If you want to enable event-driven scaling based on inference requests, you must install the Red Hat OpenShift Custom Metrics Autoscaler.

Best practice: You can run the commands in this task exactly as written if you set up environment variables. For instructions, see Setting up installation environment variables.
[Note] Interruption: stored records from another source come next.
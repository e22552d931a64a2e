-- ===== src/LoopRegisters.antt =====
-- scripts/check_loop_on_skipped_register.py: loops over a register that --check leaves empty. A file is
-- the list of its lines; a path that is no file is not listed. Words are those of ASCII.

pub mod Laws
use Prim.Native.Char.{code}
use Prim.Native.String
use ansible_platform.Prelude.{
  ℕ, zero, suc, ◌+◌, ◌-◌, String, ◌<>◌, ◌==◌, Bool, true, false, not, ◌&&◌, ◌||◌, Option, none,
  some, List, [], ◌∷◌, ◌++◌, any, is_empty, String-discrete, if◌then◌else◌,
}
use ansible_platform.Prelude.Text.{
  strip_left, strip, drop_prefix, starts, occurs, join, is_word, head_test,
}
use ansible_platform.Prelude.Dict
use ansible_platform.Prelude.Dict.{Dict}

-- SKIPS_IN_CHECK
abbrev pub skips_in_check : List String
skips_in_check = "command" ∷ "shell" ∷ "script" ∷ "uri" ∷ []

-- SAFE
abbrev pub safe : List String
safe = "default(" ∷ "is defined" ∷ "ansible_check_mode" ∷ []

-- The alternatives of FIELDS
abbrev pub fields : List String
fields = "stdout" ∷ "stdout_lines" ∷ "results" ∷ "json" ∷ "content" ∷ []

abbrev pub or_whole : Option String → String → String
or_whole none s = s
or_whole (some rest) s = rest

-- `:\s*$`, after a name
abbrev pub blank_after : Option String → Bool
blank_after none = false
blank_after (some rest) = strip_left rest == ""

-- The first of the names that stands in front of the text, with what ends the line
unfoldable pub first_name : List String → String → Option String
unfolding drop_prefix strip_left String-discrete
first_name [] s = none
first_name (m ∷ ms) s =
    let rest = first_name ms s in if blank_after (drop_prefix (m <> ":") s) then some m else rest

-- MODULE_RE, with its group
unfoldable pub module_of : String → Option String
unfolding first_name drop_prefix strip_left
module_of line =
    let s = strip_left line in
    first_name skips_in_check (or_whole (drop_prefix "ansible.builtin." s) s)

unfoldable pub all_word : String → Bool
all_word String.[] = true
all_word (String.◌∷◌ c s) = is_word (code c) && all_word s

abbrev pub word : Option String → Option String
word none = none
word (some rest) = let w = strip rest in if all_word w && not (w == "") then some w else none

-- REGISTER_RE, with its group
unfoldable pub register_of : String → Option String
unfolding all_word drop_prefix strip_left strip String-discrete
register_of line = word (drop_prefix "register:" (strip_left line))

-- LOOP_RE
unfoldable pub is_loop : String → Bool
unfolding starts strip_left
is_loop line = any (λ w. starts (strip_left line) w) ("loop:" ∷ "with_items:" ∷ "with_list:" ∷ [])

-- `any(token in line for token in SAFE)`
unfoldable pub is_safe : String → Bool
unfolding occurs
is_safe line = any (λ t. occurs t line) safe

-- `\b`, after a word
abbrev pub ends_word : Option String → Bool
ends_word none = false
ends_word (some rest) = head_test true (λ c. not (is_word c)) rest

abbrev pub field_here : Option String → Bool
field_here none = false
field_here (some rest) = any (λ f. ends_word (drop_prefix f rest)) fields

-- A field of the register somewhere in the text; the first argument is the character before.
unfoldable pub field_in : ℕ → String → String → Bool
unfolding drop_prefix
field_in before name String.[] = false
field_in before name (String.◌∷◌ c s) =
    (not (is_word before) && field_here (drop_prefix (name <> ".") (String.◌∷◌ c s)))
    || field_in (code c) name s

-- The search in a line
unfoldable pub mentions : String → String → Bool
unfolding field_in
mentions name line = field_in 32 name line

unfoldable pub skip : ℕ → List String → List String
skip zero ls = ls
skip (suc n) [] = []
skip (suc n) (l ∷ ls) = skip n ls

unfoldable pub front : ℕ → List String → List String
front zero ls = []
front (suc n) [] = []
front (suc n) (l ∷ ls) = l ∷ front n ls

-- `"\n".join(lines[max(0, first - 6) : last + 14])`
unfoldable pub window : List String → ℕ → ℕ → String
unfolding skip front join
window lines first last = join "\n" (skip (first - 6) (front (last + 14) lines))

-- `pending` and `registers`
pub record Seen : Type 0 where
  pub pending : Option (String × ℕ)
  pub registers : Dict (String × ℕ)

-- A register of the module that is pending
unfoldable pub registered : List String → ℕ → Option String → Option (String × ℕ) → Seen → Seen
unfolding window occurs Dict.put
registered lines i none pending s = s
registered lines i (some name) none s = s
registered lines i (some name) (some (m, first)) s = record {
  pending = none;
  registers =
      if not (occurs "check_mode: false" (window lines first i))
      then Dict.put name (m, suc i) s.registers
      else s.registers;
}

abbrev pub see_module : List String → ℕ → String → Option String → Seen → Seen
see_module lines i line (some m) s = record s { pending = some (m, i) }
see_module lines i line none s = registered lines i (register_of line) s.pending s

-- The first loop, from line `i` on
unfoldable pub see : List String → ℕ → List String → Seen → Seen
see lines i [] s = s
see lines i (line ∷ rest) s = see lines (suc i) rest (see_module lines i line (module_of line) s)

pub record Hit : Type 0 where
  pub line_no : ℕ
  pub name : String
  pub module_name : String
  pub declared : ℕ
  pub text : String

-- `registers.items()` against one line
unfoldable pub hits_of : ℕ → String → Dict (String × ℕ) → List Hit
unfolding mentions strip
hits_of i line [] = []
hits_of i line ((name, (m, declared)) ∷ registers) =
    let rest = hits_of i line registers in
    if mentions name line
    then record {
      line_no = suc i;
      name = name;
      module_name = m;
      declared = declared;
      text = strip line;
    }
      ∷ rest
    else rest

-- The second loop
unfoldable pub hits_from : ℕ → List String → Dict (String × ℕ) → List Hit
unfolding hits_of is_loop is_safe
hits_from i [] registers = []
hits_from i (line ∷ rest) registers =
    (if is_loop line && not (is_safe line) then hits_of i line registers else [])
    ++ hits_from (suc i) rest registers

-- `scan`
unfoldable pub scan : List String → List Hit
unfolding see hits_from
scan lines =
    hits_from 0 lines
      (Seen.registers (see lines 0 lines (record { pending = none; registers = [] })))

unfoldable pub all_hits : List (String × List String) → List Hit
unfolding scan
all_hits [] = []
all_hits ((path, lines) ∷ files) = scan lines ++ all_hits files

-- `main`, over the targets that are files
unfoldable pub main : List (String × List String) → ℕ
unfolding all_hits
main files = if is_empty (all_hits files) then 0 else 1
Ensure that you source the environment variables before you run the commands in this task.

About this task

To configure the custom metrics autoscaler that is running in the instance project to query OpenShift Container Platform metrics, you must:
  • Create a service account
  • Create a role
  • Bind the service account to the role
  • Create a trigger authentication for the service account token
Important: To use event-driven automatic scaling with an instance of IBM Software Hub, you must also create a scaled object for each model for which you want to support automatic scaling. For more information, see Configuring event-driven scaling for models.

Procedure

To configure the custom metrics autoscaler to use OpenShift Container Platform metrics:

  1. Create the keda-thanos-access service account in the instance project:
    cat << EOF | oc apply -f -
    apiVersion: v1
    kind: ServiceAccount
    metadata:
      name: keda-thanos-access
      namespace: ${PROJECT_CPD_INST_OPERANDS}
    EOF
  2. Create the keda-thanos-role role for the service account:
    cat << EOF | oc apply -f -
    apiVersion: rbac.authorization.k8s.io/v1
    kind: Role
    metadata:
      name: keda-thanos-role
      namespace: ${PROJECT_CPD_INST_OPERANDS}
    rules:
    - apiGroups:
      - ""
      resources:
      - pods
      verbs:
      - get
    - apiGroups:
      - metrics.k8s.io
      resources:
      - pods
      - nodes
      verbs:
      - get
      - list
      - watch
    EOF
  3. Bind the role to the keda-thanos-access service account:
    cat << EOF | oc apply -f -
    apiVersion: rbac.authorization.k8s.io/v1
    kind: RoleBinding
    metadata:
      name: keda-thanos-rolebinding
      namespace: ${PROJECT_CPD_INST_OPERANDS}
    roleRef:
      apiGroup: rbac.authorization.k8s.io
      kind: Role
      name: keda-thanos-role
    subjects:
    - kind: ServiceAccount
      name: keda-thanos-access
      namespace: ${PROJECT_CPD_INST_OPERANDS}
    EOF
  4. Create a trigger authentication for the keda-thanos-access service account token:
    cat << EOF | oc apply -f -
    apiVersion: keda.sh/v1alpha1
    kind: TriggerAuthentication
    metadata:
      name: keda-thanos-auth
      namespace: ${PROJECT_CPD_INST_OPERANDS}
    spec:
    
      boundServiceAccountToken: 
        - parameter: bearerToken 
          serviceAccountName: keda-thanos-account
    EOF
  5. If your network policies prevent ingress to the instance project from Prometheus pods in the openshift-user-workload-monitoring project, create the following network policy:
    cat << EOF | oc apply -f -
    apiVersion: projectcalico.org/v3
    kind: NetworkPolicy
    metadata:
      name: allow-ingress-from-prometheus-to-router
      namespace: ${PROJECT_CPD_INST_OPERANDS}
    spec:
      # Destination: all pods within namespace
      selector: projectcalico.org/namespace == '${PROJECT_CPD_INST_OPERANDS}'
      order: 10200
      ingress:
        - action: Allow
          protocol: TCP
          source:
            # Source: prometheus
            namespaceSelector: name == "openshift-user-workload-monitoring"
            selector: app.kubernetes.io/component == "prometheus"
          destination:
            ports:
            - 19092
    EOF

What to do next

Now that you've enabled event-driven automatic scaling for the instance, you're ready to complete Creating secrets for services that use Multicloud Object Gateway.